[Provided records Boundary: Start]

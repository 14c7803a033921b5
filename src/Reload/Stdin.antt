-- ===== src/Reload/Stdin.antt =====
-- The scripts that come in over the standard input.
use http_nu.Common.{
  ℕ, zero, suc, ◌≤◌, ◌≡◌, refl, sym, ap, true, false, List, [], ◌∷◌, ◌++◌, Option, none, some,
  Bytes, All, is_empty, length, length-append, take, filter_map, cons_some, ◌==◌, arith,
}
use mathlib.Core.Bool.{true≢false}
use http_nu.Reload.{send_engine, read_script, next_script, stdin_loop, stdin_source}

-- A script that can be sent: it has a byte, and none that is null.
abbrev pub Sendable : Bytes → Type 0
Sendable s = (is_empty s ≡ false) × All (λ c. (c == 0) ≡ false) s

-- Each script with its null behind it, before `rest`.
abbrev pub terminated : List Bytes → Bytes → Bytes
terminated [] rest = rest
terminated (s ∷ ss) rest = s ++ 0 ∷ terminated ss rest

-- The input ends, or an empty script follows.
abbrev pub Stops : Bytes → Type 0
Stops [] = Unit
Stops (c ∷ s) = (c == 0) ≡ true

read_script-append :
    (s rest : Bytes)
    → All (λ c. (c == 0) ≡ false) s
    → read_script false (s ++ 0 ∷ rest) ≡ some (s, rest)
unfolding read_script
read_script-append [] rest h = refl
read_script-append (c ∷ s) rest (h, hs) = rw (h, read_script-append s rest hs) refl

read_script-Stops :
    (rest : Bytes) → Stops rest → (r : Bytes) × (read_script false rest ≡ some ([], r))
unfolding read_script
read_script-Stops [] h = ([], refl)
read_script-Stops (c ∷ s) h = (s, rw h refl)

take-nil : {A : Type 0} (n : ℕ) → take {A = A} n [] ≡ []
take-nil zero = refl
take-nil (suc n) = refl

module _ {E : Type 0} (compile : Bytes → Option E) where
  send_engine-take :
      (taken : ℕ) (o : Option E) (onward : ℕ → List E) (es : List E)
      → ((n : ℕ) → onward n ≡ take n es)
      → send_engine compile taken o onward ≡ take taken (cons_some o es)
  send_engine-take taken none onward es h = h taken
  send_engine-take zero (some e) onward es h = refl
  send_engine-take (suc n) (some e) onward es h = ap (λ xs. e ∷ xs) (h n)

  stdin_round :
      (f : ℕ) (input : Bytes) (taken : ℕ)
      → stdin_loop compile (suc f) false input taken
        ≡ next_script compile taken (read_script false input) (stdin_loop compile f false)
  unfolding stdin_loop
  stdin_round f input taken = refl

  stdin_loop_lem :
      (f : ℕ) (ss : List Bytes) (rest : Bytes) (taken : ℕ)
      → All Sendable ss
      → Stops rest
      → length ss ≤ f
      → stdin_loop compile (suc f) false (terminated ss rest) taken
        ≡ take taken (filter_map compile ss)
  stdin_loop_lem f [] rest taken h stops le =
      let (r, e) = read_script-Stops rest stops in
      rw (stdin_round f rest taken, e) (sym (take-nil taken))
  stdin_loop_lem zero (s ∷ ss) rest taken h stops le = ground (arith, le)
  stdin_loop_lem (suc f) ([] ∷ ss) rest taken ((ne, hs), h) stops le = absurd (true≢false ne)
  stdin_loop_lem (suc f) ((c ∷ s) ∷ ss) rest taken ((ne, hs), h) stops le =
      rw
        (
          stdin_round (suc f) ((c ∷ s) ++ 0 ∷ terminated ss rest) taken,
          read_script-append (c ∷ s) (terminated ss rest) hs,
        )
        (send_engine-take taken (compile (c ∷ s))
          (stdin_loop compile (suc f) false (terminated ss rest)) (filter_map compile ss)
          (λ n. stdin_loop_lem f ss rest n h stops (omega (arith, le))))

  length-terminated : (ss : List Bytes) (rest : Bytes) → length ss ≤ length (terminated ss rest)
  length-terminated [] rest = omega arith
  length-terminated (s ∷ ss) rest =
      rw (length-append s (0 ∷ terminated ss rest)) (omega (arith, length-terminated ss rest))

  -- When scripts come in, each one not empty, free of nulls and followed by a null, the source sends
  -- the engines of those that make one, in order, as many as are taken; and it stops at the end of
  -- the input or at the first empty script, whatever comes after that. The fuel is enough.
  pub stdin_source_lem :
      (ss : List Bytes) (rest : Bytes) (taken : ℕ)
      → All Sendable ss
      → Stops rest
      → stdin_source compile false (terminated ss rest) taken ≡ take taken (filter_map compile ss)
  unfolding stdin_source
  stdin_source_lem ss rest taken h stops =
      stdin_loop_lem (length (terminated ss rest)) ss rest taken h stops (length-terminated ss rest)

[Provided records Boundary: End]

=== Try it ===
Restate word for word the entries above from the line with "stdin_loop_lem (suc f) ((c" through the line with "(send_engine-take taken (compile", inclusive, leaving out everything else.

=== Exercise result ===
  stdin_loop_lem (suc f) ((c ∷ s) ∷ ss) rest taken ((ne, hs), h) stops le =
      rw
        (
          stdin_round (suc f) ((c ∷ s) ++ 0 ∷ terminated ss rest) taken,
          read_script-append (c ∷ s) (terminated ss rest) hs,
        )
        (send_engine-take taken (compile (c ∷ s))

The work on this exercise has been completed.